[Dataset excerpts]
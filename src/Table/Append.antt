-- ===== src/Table/Append.antt =====
-- When no call of the operating system fails, what is written is appended to the table file.
use mathlib.Core.Path.{ap₂, subst}
use postgres_vectorization_t.Prelude.{
  Bytes, List, [], ap, append-nil, append_assoc, arith, concat, drop, false, length, length-append,
  refl, suc, sym, take, take-all, zero, ℕ, ◌++◌, ◌+◌, ◌-◌, ◌==◌, ◌∙◌, ◌∷◌, ◌≡◌, ◌≤◌,
}
use postgres_vectorization_t.Report.{Error, file_error}
use postgres_vectorization_t.Table.Commit.{Never, quiet_outcome}
use postgres_vectorization_t.Table.Ends.{After, Ends, bind-Ends}
use postgres_vectorization_t.Table.Io.{
  World, call, fwrite, put, report_failure, table_handle, write_at, write_to_file, ◌>>◌,
}
use postgres_vectorization_t.Table.Write.{write_all}

-- No call to come fails, and the writer is at the end of the table file, which has these bytes.
pub record IsAppending (table : Bytes) (w : World) : Type 0 where
  pub no_failure : w.outcomes ≡ []
  pub table_same : w.table_file ≡ table
  pub at_end : w.position ≡ length table

drop-all : (n : ℕ) (xs : Bytes) → length xs ≤ n → drop n xs ≡ []
drop-all zero [] h = refl
drop-all (suc n) [] h = refl
drop-all zero (x ∷ xs) h = absurd (omega (arith, h))
drop-all (suc n) (x ∷ xs) h = drop-all n xs (omega (arith, h))

write_at_end : (b file : Bytes) → write_at (length file) b file ≡ file ++ b
write_at_end b file =
    let whole : take (length file) file ≡ file = take-all (length file) file refl in
    let no_gap : length file - length file ≡ 0 = omega arith in
    let no_rest : drop (length file + length b) file ≡ [] =
      drop-all (length file + length b) file (omega arith) in
    rw (whole, no_gap, no_rest) (ap (λ x. file ++ x) (append-nil b))

appended :
    (table b : Bytes) (w : World)
    → IsAppending table w
    → IsAppending (table ++ b) (put table_handle b w)
appended table b w h = record {
  no_failure = h.no_failure;
  table_same = ap₂ (λ p f. write_at p b f) h.at_end h.table_same ∙ write_at_end b table;
  at_end = omega (arith, h.at_end, length-append table b);
}

append_call :
    (table : Bytes) (e : Error) → Ends (IsAppending table) (λ _. IsAppending table) Never (call e)
append_call table e = record {
  after =
      λ w h. quiet_outcome (λ _. IsAppending table) (report_failure e) w.outcomes w h.no_failure h;
}

append_write :
    (table b : Bytes)
    → Ends (IsAppending table) (λ _. IsAppending (table ++ b)) Never (write_to_file table_handle b)
unfolding write_to_file
append_write table [] = record {
  after = λ w h. subst (λ t. IsAppending t w) (sym (append-nil table)) h;
}
append_write table (c ∷ b) =
    let nonempty : (suc (length b) == 0) ≡ false = ground arith in
    rw nonempty (record {
      after = λ w h.
          quiet_outcome (λ _. IsAppending (table ++ (c ∷ b)))
            (λ o. fwrite table_handle (c ∷ b) o >> call file_error) w.outcomes w h.no_failure
            ((append_call (table ++ (c ∷ b)) file_error).after (put table_handle (c ∷ b) w)
              (appended table (c ∷ b) w h));
    })

-- The buffers end up one behind the other.
pub append_all :
    (table : Bytes) (buffers : List Bytes)
    → Ends
        (IsAppending table)
        (λ _. IsAppending (table ++ concat buffers))
        Never
        (write_all table_handle buffers)
unfolding write_all
append_all table [] = record {
  after = λ w h. subst (λ t. IsAppending t w) (sym (append-nil table)) h;
}
append_all table (b ∷ buffers) =
    bind-Ends (write_to_file table_handle b) _ (append_write table b) (λ _. record {
      after = λ w h.
          subst (λ t. After (λ _. IsAppending t) Never (write_all table_handle buffers w))
            (append_assoc table b (concat buffers)) ((append_all (table ++ b) buffers).after w h);
    })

### [About this exercise]
In your reply, restate every entry exactly.

### [Result]
filename src/Table/Append.antt
-- ===== src/Table/Append.antt =====
-- When no call of the operating system fails, what is written is appended to the table file.
use mathlib.Core.Path.{ap₂, subst}
use postgres_vectorization_t.Prelude.{
  Bytes, List, [], ap, append-nil, append_assoc, arith, concat, drop, false, length, length-append,
  refl, suc, sym, take, take-all, zero, ℕ, ◌++◌, ◌+◌, ◌-◌, ◌==◌, ◌∙◌, ◌∷◌, ◌≡◌, ◌≤◌,
}
use postgres_vectorization_t.Report.{Error, file_error}
use postgres_vectorization_t.Table.Commit.{Never, quiet_outcome}
use postgres_vectorization_t.Table.Ends.{After, Ends, bind-Ends}
use postgres_vectorization_t.Table.Io.{
  World, call, fwrite, put, report_failure, table_handle, write_at, write_to_file, ◌>>◌,
}
use postgres_vectorization_t.Table.Write.{write_all}

-- No call to come fails, and the writer is at the end of the table file, which has these bytes.
pub record IsAppending (table : Bytes) (w : World) : Type 0 where
  pub no_failure : w.outcomes ≡ []
  pub table_same : w.table_file ≡ table
  pub at_end : w.position ≡ length table

drop-all : (n : ℕ) (xs : Bytes) → length xs ≤ n → drop n xs ≡ []
drop-all zero [] h = refl
drop-all (suc n) [] h = refl
drop-all zero (x ∷ xs) h = absurd (omega (arith, h))
drop-all (suc n) (x ∷ xs) h = drop-all n xs (omega (arith, h))

write_at_end : (b file : Bytes) → write_at (length file) b file ≡ file ++ b
write_at_end b file =
    let whole : take (length file) file ≡ file = take-all (length file) file refl in
    let no_gap : length file - length file ≡ 0 = omega arith in
    let no_rest : drop (length file + length b) file ≡ [] =
      drop-all (length file + length b) file (omega arith) in
    rw (whole, no_gap, no_rest) (ap (λ x. file ++ x) (append-nil b))

appended :
    (table b : Bytes) (w : World)
    → IsAppending table w
    → IsAppending (table ++ b) (put table_handle b w)
appended table b w h = record {
  no_failure = h.no_failure;
  table_same = ap₂ (λ p f. write_at p b f) h.at_end h.table_same ∙ write_at_end b table;
  at_end = omega (arith, h.at_end, length-append table b);
}

append_call :
    (table : Bytes) (e : Error) → Ends (IsAppending table) (λ _. IsAppending table) Never (call e)
append_call table e = record {
  after =
      λ w h. quiet_outcome (λ _. IsAppending table) (report_failure e) w.outcomes w h.no_failure h;
}

append_write :
    (table b : Bytes)
    → Ends (IsAppending table) (λ _. IsAppending (table ++ b)) Never (write_to_file table_handle b)
unfolding write_to_file
append_write table [] = record {
  after = λ w h. subst (λ t. IsAppending t w) (sym (append-nil table)) h;
}
append_write table (c ∷ b) =
    let nonempty : (suc (length b) == 0) ≡ false = ground arith in
    rw nonempty (record {
      after = λ w h.
          quiet_outcome (λ _. IsAppending (table ++ (c ∷ b)))
            (λ o. fwrite table_handle (c ∷ b) o >> call file_error) w.outcomes w h.no_failure
            ((append_call (table ++ (c ∷ b)) file_error).after (put table_handle (c ∷ b) w)
              (appended table (c ∷ b) w h));
    })

-- The buffers end up one behind the other.
pub append_all :
    (table : Bytes) (buffers : List Bytes)
    → Ends
        (IsAppending table)
        (λ _. IsAppending (table ++ concat buffers))
        Never
        (write_all table_handle buffers)
unfolding write_all
append_all table [] = record {
  after = λ w h. subst (λ t. IsAppending t w) (sym (append-nil table)) h;
}
append_all table (b ∷ buffers) =
    bind-Ends (write_to_file table_handle b) _ (append_write table b) (λ _. record {
      after = λ w h.
          subst (λ t. After (λ _. IsAppending t) Never (write_all table_handle buffers w))
            (append_assoc table b (concat buffers)) ((append_all (table ++ b) buffers).after w h);
    })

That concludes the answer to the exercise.